[MINI ALBUM] LUMER, The disappearing act //Désastre imminent.
Disponible le 02/04 chez Beast Records.
Ce debut EP, que nous préférons qualifier ici de mini-album puisqu’il est fort de 7 titres, insuffle, en 23 minutes un parfum violent d’urgence. The disappearing act, de Lumer, groupe post punk en provenance de Hull, dans le Yorkshire, nous met une bonne claque derrière les oreilles. Sans doute parce qu’il éveille, au-delà du sens des paroles qu’il véhicule, tous ces sentiments qui se nichent en nous à propos de la société dans laquelle nous vivons actuellement.
Un peu à la manière des écrivains, Lumer s’inscrit dans la démonstration de ce qui l’entoure. Et comme les écrivains, le groupe met en forme son propos dans un écrin qui laisse peu de doute quant à son implication, en tant qu’observateur mais aussi en tant qu’acteur, de ce quotidien dans lequel il ne se sent pas à sa place. Nul besoin pour cela de comprendre l’anglais pour saisir la nuance sociale du groupe. Tout transparaît à la fois de sa musique, toute en tension, et dans la voix du chanteur, Alex Evans, à la fois habitée et romantique à l’excès.

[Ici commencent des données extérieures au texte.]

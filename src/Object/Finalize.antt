-- ===== src/Object/Finalize.antt =====
-- The finalizers of cases and suites: the references that they drop, and the objects that are
-- destroyed with them (gtu_test_suite_finalize of src/test-suite/test-suite.c).
use giitestutils.Base.{
  ℕ, ◌+◌, ◌-◌, ◌<◌, ◌≡◌, ◌≢◌, refl, sym, ap, ◌∙◌, ◌⊎◌, inl, inr, List, [], ◌∷◌, some, arith, All,
  subst, ◌==◌, if◌then◌else◌, Checked, done, zero_or_pos,
}
use giitestutils.Base.Exec.{Exec}
use giitestutils.Base.Exec.Ensures.{Ensures, Ensures-pure, Ensures-bind, Ensures-weaken}
use giitestutils.Object.{
  Ref, null, NameKey, Kind, test_case, test_suite, GtuTestObject, Store, put, each, finalize,
}
use giitestutils.Object.Counts.{
  children_of, children_at, occurs, held, IsLive, IsCounted, IsCounted-same, Address-cases, at_put,
  off_put, write-IsCounted,
}
use giitestutils.Object.Later.{
  Later, LaterAt, LaterAt-same, LaterAt-trans, IsKin, Bounded, Bounded-Later, All-Bounded,
}
use giitestutils.Object.Rules.{Ensures-on_object, Ensures-write}

-- The program's references, one to `p` less.
abbrev pub drop : Ref → (Ref → ℕ) → Ref → ℕ
drop p owned q = if q == p then owned q - 1 else owned q

-- What the drop of a reference does.
abbrev pub Drops : Type 0 → ℕ → (Ref → Exec Store (Checked (Unit {0}))) → Type 0
Drops E n f =
    (p : Ref) (h : Store) (owned : Ref → ℕ)
    → IsCounted h owned
    → 0 < owned p
    → Bounded h n p ⊎ E
    → Ensures E (f p) h (λ r h'. (r ≡ done tt) × IsCounted h' (drop p owned) × Later h h')

-- A dead suite gives up its array: its references to its children are for the caller to drop.
module _ (h : Store) (p : Ref) {o : GtuTestObject} (e : h.cell p ≡ some o) (children : List Ref)
    (child_names : List NameKey) (is_suite : o.kind ≡ test_suite children child_names) where
  abbrev given_up : Store
  given_up = put p (some (record o { kind = test_suite [] [] })) h

  array-eq : children_at (h.cell p) ≡ children
  array-eq = ground (arith, e, is_suite)

  held_before :
      {owned : Ref → ℕ} (q : Ref) (x : GtuTestObject)
      → IsCounted h owned
      → h.cell q ≡ some x
      → occurs q children + held given_up q x ≡ held h q x
  held_before q x c l = elim (Address-cases x.parent p) [
    | inl same ↦
        rw (same, array-eq)
          (ground (arith, at_put h p (some (record o { kind = test_suite [] [] }))))
    | inr other ↦ elim (zero_or_pos (occurs q children)) [
      | inl none_there ↦
          rw (off_put h p x.parent (some (record o { kind = test_suite [] [] })) other)
            (omega (arith, none_there))
      | inr some_there ↦
          let (y, m, f) = c.parents p q (rw array-eq some_there) in
          let g : x ≡ y = ground (arith, l, m) in absurd (other (ap GtuTestObject.parent g ∙ f))
    ]
  ]

  give_up-IsCounted :
      {owned : Ref → ℕ} → IsCounted h owned → IsCounted given_up (λ q. owned q + occurs q children)
  give_up-IsCounted {owned} c = record {
    no_null = off_put h p null _ (λ is_p. ground (arith, is_p, c.no_null, e)) ∙ c.no_null;
    unused = λ q beyond.
        off_put h p q _ (λ is_p. ground (arith, is_p, c.unused q beyond, e)) ∙ c.unused q beyond;
    counts = λ q x l. elim (Address-cases q p) [
      | inl same ↦
          let f : x ≡ record o { kind = test_suite [] [] } = ground (arith, l, same) in
          rw (f, same) (omega (arith, c.counts p o e, held_before p o c e))
      | inr other ↦
          let f : h.cell q ≡ some x = sym (off_put h p q _ other) ∙ l in
          omega (arith, c.counts q x f, held_before q x c f)
    ];
    fits = λ q x l. elim (Address-cases q p) [
      | inl same ↦
          let f : x ≡ record o { kind = test_suite [] [] } = ground (arith, l, same) in
          rw f (c.fits p o e)
      | inr other ↦ c.fits q x (sym (off_put h p q _ other) ∙ l)
    ];
    parents = λ q r some_there. elim (Address-cases q p) [
      | inl same ↦ absurd (ground (arith, same, some_there))
      | inr other ↦ same_parent q r (
          c.parents q r
            (subst (λ x. 0 < occurs r (children_at x)) (off_put h p q _ other) some_there))
    ];
    owns = λ q some_owned. elim (zero_or_pos (occurs q children)) [
      | inl none_there ↦ still_live q (c.owns q (omega (arith, some_owned, none_there)))
      | inr some_there ↦
          let (x, l, f) = c.parents p q (rw array-eq some_there) in still_live q (x, l)
    ];
  }
    where
      still_live : (q : Ref) → IsLive h q → IsLive given_up q
      still_live q (x, l) = elim (Address-cases q p) [
        | inl same ↦ (record o { kind = test_suite [] [] }, ground (arith, same))
        | inr other ↦ (x, off_put h p q _ other ∙ l)
      ]

      same_parent :
          (q r : Ref)
          → (x : GtuTestObject) × (h.cell r ≡ some x) × (x.parent ≡ q)
          → (x : GtuTestObject) × (given_up.cell r ≡ some x) × (x.parent ≡ q)
      same_parent q r (x, l, f) = elim (Address-cases r p) [
        | inl same ↦
            let g : x ≡ o = ground (arith, l, e, same) in
            (
              record o { kind = test_suite [] [] },
              ground (arith, same),
              sym (ap GtuTestObject.parent g) ∙ f,
            )
        | inr other ↦ (x, off_put h p r _ other ∙ l, f)
      ]

  given_up-IsKin :
      o.ref_count ≡ 0
      → (q : Ref) (x' : GtuTestObject) → given_up.cell q ≡ some x'
      → (x : GtuTestObject) × (h.cell q ≡ some x) × IsKin x x'
  given_up-IsKin dead q x' l = elim (Address-cases q p) [
    | inl same ↦
        let f : x' ≡ record o { kind = test_suite [] [] } = ground (arith, l, same) in
        (
          o,
          ap h.cell same ∙ e,
          rw f (record { name = refl; parent = refl; path = refl; kind = inr (dead, refl) }),
        )
    | inr other ↦ (
      x',
      sym (off_put h p q _ other) ∙ l,
      record { name = refl; parent = refl; path = refl; kind = inl refl },
    )
  ]

  LaterAt-given_up : (q : Ref) → q ≢ p → LaterAt h given_up q
  LaterAt-given_up q other = LaterAt-same h given_up q refl (off_put h p q _ other)

-- After the finalizer, the object is still dead and has no children.
abbrev pub Finalized : Store → Ref → (Ref → ℕ) → Store → Type 0
Finalized h p owned h' =
    IsCounted h' owned
    × ((o : GtuTestObject) × (h'.cell p ≡ some o) × (o.ref_count ≡ 0) × (children_of o.kind ≡ []))
    × ((q : Ref) → q ≢ p → LaterAt h h' q)

module _ {E : Type 0} where
  each-IsCounted :
      (n : ℕ) (f : Ref → Exec Store (Checked (Unit {0})))
      → Drops E n f
      → (cs : List Ref) (h : Store) (owned : Ref → ℕ) → IsCounted h (λ q. owned q + occurs q cs)
      → All (λ d. Bounded h n d) cs ⊎ E
      → Ensures E (each f cs) h (λ u h'. IsCounted h' owned × Later h h')
  unfolding each
  each-IsCounted n f drops [] h owned c b =
      Ensures-pure tt h (IsCounted-same (λ q. omega arith) c, λ q. LaterAt-same h h q refl refl)
  each-IsCounted n f drops (d ∷ cs) h owned c b =
      Ensures-bind _ _ h (drops d h _ c (ground arith) (elim b [ inl a ↦ inl a.0 | inr e ↦ inr e ]))
        (λ r h1 s.
          let c1 = IsCounted-same {kept = λ q. owned q + occurs q cs} (λ q. ground arith) s.1 in
          Ensures-weaken _ h1
            (each-IsCounted n f drops cs h1 owned c1 (elim b [
              | inl a ↦ inl (
                  All-Bounded h h1 n cs (Bounded-Later h h1 c1 (λ q. (s.2 q).was) n)
                    (λ q some_there. c1.owns q (omega (arith, some_there))) a.1)
              | inr e ↦ inr e
            ]))
            (λ u h2 t. (t.0, λ q. LaterAt-trans h h1 h2 q (s.2 q) (t.1 q))))

  pub finalize-Finalized :
      (n : ℕ) (f : Ref → Exec Store (Checked (Unit {0})))
      → Drops E n f
      → (p : Ref) (h : Store) (o : GtuTestObject) (owned : Ref → ℕ) → IsCounted h owned
      → h.cell p ≡ some o
      → o.ref_count ≡ 0
      → (k : Kind) → o.kind ≡ k
      → All (λ d. Bounded h n d) (children_of k) ⊎ E
      → Ensures E (finalize f p k) h (λ u h'. Finalized h p owned h')
  unfolding finalize
  finalize-Finalized n f drops p h o owned c e dead (test_case priv) is_kind b =
      Ensures-on_object p _ h o e (
        Ensures-write p _ h (
          write-IsCounted h p e (record { parent = refl; children = ground (arith, is_kind) }) owned
              c (c.counts p o e) (c.fits p o e) (λ q other. refl),
          (_, at_put h p _, dead, refl),
          λ q other. LaterAt-same h _ q refl (off_put h p q _ other),
        ))
  finalize-Finalized n f drops p h o owned c e dead (test_suite cs names) is_kind b =
      let h2 : Store = given_up h p e cs names is_kind in
      let c2 = give_up-IsCounted h p e cs names is_kind c in
      let below : All (λ d. Bounded h2 n d) cs ⊎ E = elim b [
        | inl a ↦ inl (
            All-Bounded h h2 n cs
              (Bounded-Later h h2 c2 (given_up-IsKin h p e cs names is_kind dead) n)
              (λ q some_there. c2.owns q (omega (arith, some_there))) a)
        | inr x ↦ inr x
      ] in
      Ensures-bind {R = λ u h'. h' ≡ h2} _ _ h
        (Ensures-on_object p _ h o e (Ensures-write p _ h refl))
        (λ u h' eq.
          subst (λ g. Ensures E (each f cs) g (λ v h3. Finalized h p owned h3)) (sym eq)
            (Ensures-weaken _ h2 (each-IsCounted n f drops cs h2 owned c2 below) (λ v h3 r. (
              r.0,
              (_, (r.1 p).stays _ (at_put h p _) dead, dead, refl),
              λ q other.
                  LaterAt-trans h h2 h3 q (LaterAt-given_up h p e cs names is_kind q other) (r.1 q),
            ))))
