-- ===== src/Object/GetPath/Result.antt =====
-- gtu_test_object_get_path gives the names of the ancestors and of the object.
use giitestutils.Base.{
  ℕ, zero, suc, ◌≤◌, ◌≡◌, ◌≢◌, refl, sym, ap, ◌∙◌, inl, inr, Bool, true, List, [], ◌∷◌, ◌++◌,
  Option, none, some, arith, subst, Bytes, length, length-append, done, value, ◌==◌,
}
use giitestutils.Base.Exec.{Exec, ◌>>=◌, ◌>>◌}
use giitestutils.Base.Exec.Ensures.{
  Ensures, Ensures-pure, Ensures-bind, Ensures-weaken, Ensures-if, Ensures-on_option,
}
use giitestutils.TestPath.{GtuPath, gtu_path_element_is_valid}
use giitestutils.TestPath.Elements.{join_paths}
use giitestutils.Object.{Ref, null, GtuTestObject, Store}
use giitestutils.Object.Paths.{own_path, set_path, path_of, prepend_to, gtu_test_object_get_path}
use giitestutils.Object.Counts.{Address-cases, off_put, at_put}
use giitestutils.Object.Ancestry.{
  Names, root, inside, path_at, OnlyPaths, OnlyPaths-refl, OnlyPaths-sym, before, Names-before,
  IsFresh,
}
use giitestutils.Object.Rules.{Ensures-on_object, Ensures-check_object, Ensures-write}
use giitestutils.Object.GetPath.{
  Names-unique, not_own_parent, Fills, Fills-refl, IsFresh-Fills, FreshTo, AllNamed, OnlyPaths-put,
  GivesPath, with_own, own_at, own_off, only_own, Fills-own,
}

path_some :
    (c : Option GtuTestObject) (path : GtuPath)
    → path_at c ≡ some path
    → (o : GtuTestObject) × (c ≡ some o) × (o.path ≡ some path)
path_some none path e = ground arith
path_some (some o) path e = (o, refl, e)

path_of-Gives :
    (h h' : Store) (p : Ref) (xs : List Bytes) (path : GtuPath)
    → path_at (h'.cell p) ≡ some path
    → path.elements ≡ xs
    → Fills h h'
    → Ensures ⊥ (path_of p) h' (λ r h''. GivesPath h p xs r h'')
path_of-Gives h h' p xs path e right f =
    let (o, l, e') = path_some (h'.cell p) path e in
    Ensures-on_object p _ h' o l (Ensures-pure _ h' (path, ap done e', right, e, f))

-- The path of the parent is put in front of the object's own.
prepend_to-Prepends :
    (h : Store) (p parent : Ref) (own front : GtuPath)
    → p ≢ parent
    → path_at (h.cell p) ≡ some own
    → Ensures ⊥ (prepend_to p parent (some front)) h (λ u h'.
      OnlyPaths h h'
      × ((q : Ref) → q ≢ p → path_at (h'.cell q) ≡ path_at (h.cell q))
      × (path_at (h'.cell p) ≡ some (record own { elements = front.elements ++ own.elements })))
unfolding prepend_to
prepend_to-Prepends h p parent own front n e =
    let (o, l, e') = path_some (h.cell p) own e in
    Ensures-if (p == parent) _ _ h (λ same. absurd (n (ground arith)))
      (λ _. Ensures-on_object p _ h o l (
        Ensures-on_option o.path _ _ h (λ missing. absurd (ground (arith, missing, e')))
          (λ path there. Ensures-write p _ h (
            OnlyPaths-put h p o _ l,
            λ q other. ap path_at (off_put h p q _ other),
            ap path_at (at_put h p _)
                ∙ ap some (
                    (join_paths path front).0
                    ∙ ap
                        (λ (own : GtuPath). record own {
                          elements = front.elements ++ own.elements;
                        })
                        (ground (arith, there, e'))),
          ))))

module _ (isspace : ℕ → Bool) where
  abbrev Gives : ℕ → Type 0
  Gives n =
      (h : Store) (p : Ref) (xs : List Bytes)
      → h.cell null ≡ none
      → AllNamed isspace h
      → FreshTo h (length xs)
      → Names h p xs
      → length xs ≤ n
      → Ensures ⊥ (gtu_test_object_get_path isspace n p) h (λ r h'. GivesPath h p xs r h')

  -- What happens to an object without a path inside a suite.
  inside-Prepends :
      (n : ℕ)
      → Gives n
      → (h : Store) (p : Ref) (o : GtuTestObject) (front : List Bytes) (l : h.cell p ≡ some o)
        (named : AllNamed isspace h)
      → h.cell null ≡ none
      → FreshTo h (length (front ++ o.name ∷ []))
      → o.path ≡ none
      → o.parent ≢ null
      → Names h o.parent front
      → length (front ++ o.name ∷ []) ≤ suc n
      → Ensures ⊥
          (gtu_test_object_get_path isspace n o.parent >>= λ r. prepend_to p o.parent (value r))
          (with_own isspace h p l named)
          (λ u h3.
            Fills h h3
            × (path_at (h3.cell p)
                ≡ some (record { elements = front ++ o.name ∷ []; cached_string = none })))
  inside-Prepends n gives h p o front l named no_null fresh missing n_root above le =
      let h1 : Store = with_own isspace h p l named in
      let only1 : OnlyPaths h h1 = only_own isspace h p l named in
      let own : GtuPath = record { elements = o.name ∷ []; cached_string = none } in
      let shorter = length-append front (o.name ∷ []) in
      Ensures-bind _ _ h1
        (gives h1 o.parent front
          (off_put h p null _ (λ is_p. ground (arith, is_p, no_null, l)) ∙ no_null)
          (λ q x m.
            let (y, m', f) = before only1 q x m in
            subst (λ name. gtu_path_element_is_valid isspace (some name) ≡ true)
              (ap GtuTestObject.name f) (named q y m'))
          (λ q ys path names short e. elim (Address-cases q p) [
            | inl same ↦
                let were : Names h p ys =
                  subst (λ r. Names h r ys) same (Names-before only1 names) in
                absurd (
                  omega (
                    arith,
                    short,
                    shorter,
                    ap length (Names-unique h were (inside o front l n_root above refl)),
                  ))
            | inr other ↦
                fresh q ys path (Names-before only1 names) (omega (arith, short, shorter))
                  (sym (own_off isspace h p l named q other) ∙ e)
          ])
          (Names-before (OnlyPaths-sym only1) above) (omega (arith, le, shorter)))
        (λ r h2 (path, is_done, right, there, f).
          let own_there : path_at (h2.cell p) ≡ some own = elim (f.paths p) [
            | inl same ↦ same ∙ own_at isspace h p l named
            | inr filled ↦ absurd (ground (arith, filled.missing, own_at isspace h p l named))
          ] in
          subst
            (λ x. Ensures ⊥ (prepend_to p o.parent (value x)) h2 (λ u h3.
              Fills h h3
              × (path_at (h3.cell p)
                  ≡ some (record { elements = front ++ o.name ∷ []; cached_string = none }))))
            (sym is_done)
            (Ensures-weaken _ h2
              (prepend_to-Prepends h2 p o.parent own path (not_own_parent h o front l n_root above)
                own_there)
              (λ u h3 (only3, others, e3).
                let e4 : path_at (h3.cell p)
                    ≡ some (record { elements = front ++ o.name ∷ []; cached_string = none }) =
                  e3
                  ∙ ap (λ t. some (record { elements = t ++ o.name ∷ []; cached_string = none }))
                      right in
                (
                  Fills-own isspace h p l named h2 h3 (front ++ o.name ∷ []) _ missing
                      (inside o front l n_root above refl) f only3 others e4 refl refl,
                  e4,
                ))))

  -- The path is looked for once the object's own path stands there.
  first_time-Gives :
      (h : Store) (p : Ref) (o : GtuTestObject) (xs : List Bytes) (l : h.cell p ≡ some o)
      (named : AllNamed isspace h) (m : Exec Store (Unit {0}))
      → Ensures ⊥ m (with_own isspace h p l named) (λ u h3.
        Fills h h3 × (path_at (h3.cell p) ≡ some (record { elements = xs; cached_string = none })))
      → Ensures ⊥
          (set_path p (own_path isspace o.name) >> m >> path_of p)
          h
          (λ r h'. GivesPath h p xs r h')
  first_time-Gives h p o xs l named m run =
      Ensures-bind _ _ h
        (Ensures-bind {R = λ u h'. h' ≡ with_own isspace h p l named} _ _ h
          (Ensures-on_object p _ h o l (Ensures-write p _ h refl))
          (λ u h' same.
            subst
              (λ g. Ensures ⊥ m g (λ v h3.
                Fills h h3
                × (path_at (h3.cell p) ≡ some (record { elements = xs; cached_string = none }))))
              (sym same) run))
        (λ u h3 f. path_of-Gives h h3 p xs _ f.1 refl f.0)

  -- The path that an object has is given as it is.
  known-Gives :
      (h : Store) (p : Ref) (o : GtuTestObject) (xs : List Bytes) (path : GtuPath)
      → FreshTo h (length xs)
      → Names h p xs
      → h.cell p ≡ some o
      → o.path ≡ some path
      → GivesPath h p xs (done (some path)) h
  known-Gives h p o xs path fresh names l e =
      let there = ap path_at l ∙ e in
      (path, refl, fresh p xs path names (omega arith) there, there, Fills-refl h)

  get_path-Gives : (n : ℕ) → Gives n
  unfolding gtu_test_object_get_path
  get_path-Gives zero h p xs no_null named fresh (root o l top e) le =
      absurd (omega (arith, ap length e, le))
  get_path-Gives zero h p xs no_null named fresh (inside o front l n above e) le =
      absurd (omega (arith, ap length e, length-append front (o.name ∷ []), le))
  get_path-Gives (suc n) h p xs no_null named fresh (root o l top e) le =
      Ensures-check_object p none _ h o (λ is_null. ground (arith, is_null, no_null, l)) l
        (Ensures-on_option o.path _ _ h
          (λ missing. first_time-Gives h p o xs l named _ (
            Ensures-if (o.parent == null) _ _ _
              (λ _. Ensures-pure tt _ (
                Fills-own isspace h p l named _ _ xs _ missing (root o l top e) (Fills-refl _)
                    (OnlyPaths-refl _) (λ q other. refl) (own_at isspace h p l named) (sym e) refl,
                own_at isspace h p l named
                    ∙ ap (λ t. some (record { elements = t; cached_string = none })) (sym e),
              ))
              (λ has. absurd (ground (arith, has, top)))))
          (λ path there.
            Ensures-pure _ h (known-Gives h p o xs path fresh (root o l top e) l there)))
  get_path-Gives (suc n) h p xs no_null named fresh (inside o front l n_root above e) le =
      Ensures-check_object p none _ h o (λ is_null. ground (arith, is_null, no_null, l)) l
        (Ensures-on_option o.path _ _ h
          (λ missing. first_time-Gives h p o xs l named _ (
            Ensures-if (o.parent == null) _ _ _ (λ is_root. absurd (n_root (ground arith)))
              (λ _. rw e (
                inside-Prepends n (get_path-Gives n) h p o front l named no_null
                  (subst (λ t. FreshTo h (length t)) e fresh) missing n_root above
                  (subst (λ t. length t ≤ suc n) e le)))))
          (λ path there.
            Ensures-pure _ h
              (known-Gives h p o xs path fresh (inside o front l n_root above e) l there)))

  -- With fuel for the number of names, gtu_test_object_get_path returns the path of the names of the
  -- object's ancestors, the outermost first, and of its own; the paths that it leaves in the objects
  -- are right again, and nothing else changes. Conditions: the names are elements of paths, and the
  -- paths that objects have are those of their ancestry.
  pub get_path-Names :
      (n : ℕ) (h : Store) (p : Ref) (xs : List Bytes)
      → h.cell null ≡ none
      → AllNamed isspace h
      → IsFresh h
      → Names h p xs
      → length xs ≤ n
      → Ensures ⊥ (gtu_test_object_get_path isspace n p) h (λ r h'.
        ((path : GtuPath) × (r ≡ done (some path)) × (path.elements ≡ xs))
        × IsFresh h'
        × OnlyPaths h h')
  get_path-Names n h p xs no_null named fresh names le =
      Ensures-weaken _ h
        (get_path-Gives n h p xs no_null named
          (λ q ys path were _ e. fresh.elements q ys path were e) names le)
        (λ r h' (path, is_done, right, there, f).
          ((path, is_done, right), IsFresh-Fills f fresh, f.only))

Ne pas se faire bourrer le mou.
Plutôt que de croire bêtement que tout est rose dans la société qui est la notre aujourd’hui, que nous soyons du bon ou du mauvais côté du Brexit, Lumer décide de mettre les pieds dans le plat en évoquant la pression des réseaux sociaux, la corruption des grands leaders mondiaux et, plus largement, la vacuité de l’existence que nous vivons, privée de sens et d’horizon.
Il convenait de mettre cela en forme avec un post punk tendance garage, évoquant, forcément, un peu, beaucoup, à la folie, Fontaines D.C ou, dans une certaine moindre mesure Squid. Ici, le son est massif, parfois abrupte, parfois dépouillé (comme sur le premier titre She’s innocent, très rock finalement). On y ressent aussi un blues terrible, celui qui chante les pleurs, les maux de l’existence (en partie sur White Tsar ou sur le magnifique Another day at the zoo qui se passe de commentaire). Tout est produit avec une certaine retenue, un côté froid, chromé, qui parfois nous aveugle quand le soleil vient à se refléter dessus. Pas de gros effet, mais une efficacité jamais démentie. Un léger écho sur la voix nous rappelle un peu l’esprit cold wave, mais Lumer s’en démarque très rapidement par le côté abrasif de ses compositions qui viennent râper nos os, titiller nos nerfs comme pour nous sortir de notre torpeur.
Scansion.
La voix est ici scandée, aboyée, comme si une douleur viscérale habitait Evans. L’urgence est là, nichée au creux d’une conscience refusant de se laisser bercer d’illusions. Pas de compromis. Le rythme rentre en nous, comme le foret d’une perceuse dans un mur de beurre. La déflagration propulse son électricité dans nos membres engourdis, dans notre tête rendue trop malléable par la consommation indécente d’écrans. Comme une douche froide, l’uppercut Lumer vient nous surprendre, alors que nous pensions que plus rien ne pouvait le faire.
Il n’y a pas de gros effets sur The disappearing act. Les mélodies vont au plus efficace, sans jamais sombrer dans une quelconque facilité/passivité. Les motifs restent logés dans notre cortex, ressurgissent violemment quand nous regardons, par exemple les infos et que l’incongruité de celles-ci nous prend à la gorge et en vient à nous rendre à la fois véhéments et dégoûtés de tant d’aberrations. Vous l’aurez compris, ce groupe est totalement en prise avec son époque, et, nous ne savons pas pourquoi, nous pensons que cela ne le ravit pas plus que cela. Parce que, n’en déplaise à certains, la musique n’est pas simplement faite pour être jolie à l’oreille. Elle est là pour faire changer le monde. The disappearing act est une pièce supplémentaire à cet édifice de déconstruction d’une société malade. Et forcément, on valide.